[Data for this exercise — start]

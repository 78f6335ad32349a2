-- ===== src/KvLog/Defs.antt =====
-- PPage, LogKV and Pair_t<KEY, VALUE> of src/nali_kvlog.h, for logs of 32 bytes.
-- A `char *` into a mapped file is the file's block and an offset; an offset to a null pointer is
-- `none`, and so is an access through it. A latch is held around `alloc`, so a call is one step.
use nali.Prelude.{
  ℕ, ◌+◌, ◌-◌, ◌%◌, ◌^◌, ◌*◌, Bool, ◌&&◌, Option, some, ltb, ◌==◌, if◌then◌else◌, ◌>>=◌,
}
use nali.KvLog.Address.{LastLogOffest}

pub data Op : Type 0 where
  insert_op delete_op update_op trash_op : Op

pub record PairT : Type 0 where
  pub op : Op
  pub version : ℕ
  pub key : ℕ
  pub value : ℕ
  pub u_offset : ℕ

abbrev pub ppage_size : ℕ
ppage_size = 16 * 1024 * 1024

-- sizeof(OP_VERSION) + sizeof(KEY) + sizeof(VALUE) + sizeof(last_log_offest)
abbrev pub size : ℕ
size = 32

abbrev pub uint64_max : ℕ
uint64_max = 2 ^ 64 - 1

-- a record of a new file, all bits 1
abbrev pub all_ones : PairT
all_ones = record {
  op = trash_op;
  version = 2 ^ 62 - 1;
  key = uint64_max;
  value = uint64_max;
  u_offset = uint64_max;
}

-- `global_numa_map`, as `init_numa_map` fills it
unfoldable pub get_numa_id : ℕ → ℕ
get_numa_id thread_id =
    if ltb thread_id 16
    then 0
    else if ltb thread_id 32
    then 1
    else if ltb thread_id 48
    then 0
    else 1

-- `g_ppage_s_addr_arr_->start_addr_arr_`, and the mapped files: block and offset to record
pub record Pmem : Type 0 where
  pub start_addr_arr : ℕ → ℕ → ℕ → Option ℕ
  pub memory : ℕ → ℕ → PairT

pub record PPage : Type 0 where
  pub numa_id : ℕ
  pub hash_id : ℕ
  pub ppage_id : ℕ
  pub sz_allocated : ℕ
  pub sz_freed : ℕ
  pub start_addr : Option ℕ

abbrev pub put_start : (ℕ → ℕ → ℕ → Option ℕ) → ℕ → ℕ → ℕ → Option ℕ → ℕ → ℕ → ℕ → Option ℕ
put_start arr n h p b n' h' p' = if (n == n') && ((h == h') && (p == p')) then b else arr n' h' p'

abbrev pub put_memory : (ℕ → ℕ → PairT) → ℕ → ℕ → PairT → ℕ → ℕ → PairT
put_memory mem b o x b' o' = if (b == b') && (o == o') then x else mem b' o'

abbrev pub clear_block : (ℕ → ℕ → PairT) → ℕ → ℕ → ℕ → PairT
clear_block mem b b' o' = if b == b' then all_ones else mem b' o'

-- `map_file numa hash page` is the block that pmem_map_file creates for the file of that name;
-- `none` when the file exists or cannot be mapped, where the program exits.
module _ (map_file : ℕ → ℕ → ℕ → Option ℕ) where
  unfoldable pub alloc_new_ppage : Pmem → ℕ → ℕ → ℕ → Option (Pmem × ℕ)
  alloc_new_ppage s numa_id hash_id ppage_id = do
    ptr ← map_file numa_id hash_id ppage_id
    some (
      record {
        start_addr_arr = put_start s.start_addr_arr numa_id hash_id ppage_id (some ptr);
        memory = clear_block s.memory ptr;
      },
      ptr,
    )

  -- The first `if` of `alloc`.
  unfoldable pub next_ppage : Pmem → PPage → Option (Pmem × PPage)
  unfolding alloc_new_ppage
  next_ppage s page = do
    let ppage_id = (page.ppage_id + 1) % 2 ^ 64
    (s', start) ← alloc_new_ppage s page.numa_id page.hash_id ppage_id
    some (
      s',
      record page { ppage_id = ppage_id; start_addr = some start; sz_allocated = 0; sz_freed = 0 },
    )

  abbrev pub is_short : PPage → ℕ → Bool
  is_short page alloc_size = ltb ((ppage_size + 2 ^ 64 - page.sz_allocated) % 2 ^ 64) alloc_size

  -- The state, the page, what is written to `log_info`, and the address.
  unfoldable pub alloc :
      Pmem → PPage → ℕ → ℕ → Option (Pmem × PPage × LastLogOffest × Option (ℕ × ℕ))
  unfolding next_ppage
  alloc s page vlen alloc_size = do
    (s', page') ← (if is_short page alloc_size then next_ppage s page else some (s, page))
    some (
      s',
      record page' { sz_allocated = (page'.sz_allocated + alloc_size) % 2 ^ 64 },
      record {
        vlen = vlen;
        numa_id = page'.numa_id % 2 ^ 8;
        ppage_id = page'.ppage_id % 2 ^ 8;
        log_offset = page'.sz_allocated % 2 ^ 32;
      },
      (do b ← page'.start_addr; some (b, page'.sz_allocated)),
    )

[Data for this exercise — finish]

Task - All lines from the records above should be copied exactly.

Result of this exercise -
repository 78f6335ad32349a2
-- ===== src/KvLog/Defs.antt =====
-- PPage, LogKV and Pair_t<KEY, VALUE> of src/nali_kvlog.h, for logs of 32 bytes.
-- A `char *` into a mapped file is the file's block and an offset; an offset to a null pointer is
-- `none`, and so is an access through it. A latch is held around `alloc`, so a call is one step.
use nali.Prelude.{
  ℕ, ◌+◌, ◌-◌, ◌%◌, ◌^◌, ◌*◌, Bool, ◌&&◌, Option, some, ltb, ◌==◌, if◌then◌else◌, ◌>>=◌,
}
use nali.KvLog.Address.{LastLogOffest}

pub data Op : Type 0 where
  insert_op delete_op update_op trash_op : Op

pub record PairT : Type 0 where
  pub op : Op
  pub version : ℕ
  pub key : ℕ
  pub value : ℕ
  pub u_offset : ℕ

abbrev pub ppage_size : ℕ
ppage_size = 16 * 1024 * 1024

-- sizeof(OP_VERSION) + sizeof(KEY) + sizeof(VALUE) + sizeof(last_log_offest)
abbrev pub size : ℕ
size = 32

abbrev pub uint64_max : ℕ
uint64_max = 2 ^ 64 - 1

-- a record of a new file, all bits 1
abbrev pub all_ones : PairT
all_ones = record {
  op = trash_op;
  version = 2 ^ 62 - 1;
  key = uint64_max;
  value = uint64_max;
  u_offset = uint64_max;
}

-- `global_numa_map`, as `init_numa_map` fills it
unfoldable pub get_numa_id : ℕ → ℕ
get_numa_id thread_id =
    if ltb thread_id 16
    then 0
    else if ltb thread_id 32
    then 1
    else if ltb thread_id 48
    then 0
    else 1

-- `g_ppage_s_addr_arr_->start_addr_arr_`, and the mapped files: block and offset to record
pub record Pmem : Type 0 where
  pub start_addr_arr : ℕ → ℕ → ℕ → Option ℕ
  pub memory : ℕ → ℕ → PairT

pub record PPage : Type 0 where
  pub numa_id : ℕ
  pub hash_id : ℕ
  pub ppage_id : ℕ
  pub sz_allocated : ℕ
  pub sz_freed : ℕ
  pub start_addr : Option ℕ

abbrev pub put_start : (ℕ → ℕ → ℕ → Option ℕ) → ℕ → ℕ → ℕ → Option ℕ → ℕ → ℕ → ℕ → Option ℕ
put_start arr n h p b n' h' p' = if (n == n') && ((h == h') && (p == p')) then b else arr n' h' p'

abbrev pub put_memory : (ℕ → ℕ → PairT) → ℕ → ℕ → PairT → ℕ → ℕ → PairT
put_memory mem b o x b' o' = if (b == b') && (o == o') then x else mem b' o'

abbrev pub clear_block : (ℕ → ℕ → PairT) → ℕ → ℕ → ℕ → PairT
clear_block mem b b' o' = if b == b' then all_ones else mem b' o'

-- `map_file numa hash page` is the block that pmem_map_file creates for the file of that name;
-- `none` when the file exists or cannot be mapped, where the program exits.
module _ (map_file : ℕ → ℕ → ℕ → Option ℕ) where
  unfoldable pub alloc_new_ppage : Pmem → ℕ → ℕ → ℕ → Option (Pmem × ℕ)
  alloc_new_ppage s numa_id hash_id ppage_id = do
    ptr ← map_file numa_id hash_id ppage_id
    some (
      record {
        start_addr_arr = put_start s.start_addr_arr numa_id hash_id ppage_id (some ptr);
        memory = clear_block s.memory ptr;
      },
      ptr,
    )

  -- The first `if` of `alloc`.
  unfoldable pub next_ppage : Pmem → PPage → Option (Pmem × PPage)
  unfolding alloc_new_ppage
  next_ppage s page = do
    let ppage_id = (page.ppage_id + 1) % 2 ^ 64
    (s', start) ← alloc_new_ppage s page.numa_id page.hash_id ppage_id
    some (
      s',
      record page { ppage_id = ppage_id; start_addr = some start; sz_allocated = 0; sz_freed = 0 },
    )

  abbrev pub is_short : PPage → ℕ → Bool
  is_short page alloc_size = ltb ((ppage_size + 2 ^ 64 - page.sz_allocated) % 2 ^ 64) alloc_size

  -- The state, the page, what is written to `log_info`, and the address.
  unfoldable pub alloc :
      Pmem → PPage → ℕ → ℕ → Option (Pmem × PPage × LastLogOffest × Option (ℕ × ℕ))
  unfolding next_ppage
  alloc s page vlen alloc_size = do
    (s', page') ← (if is_short page alloc_size then next_ppage s page else some (s, page))
    some (
      s',
      record page' { sz_allocated = (page'.sz_allocated + alloc_size) % 2 ^ 64 },
      record {
        vlen = vlen;
        numa_id = page'.numa_id % 2 ^ 8;
        ppage_id = page'.ppage_id % 2 ^ 8;
        log_offset = page'.sz_allocated % 2 ^ 32;
      },
      (do b ← page'.start_addr; some (b, page'.sz_allocated)),
    )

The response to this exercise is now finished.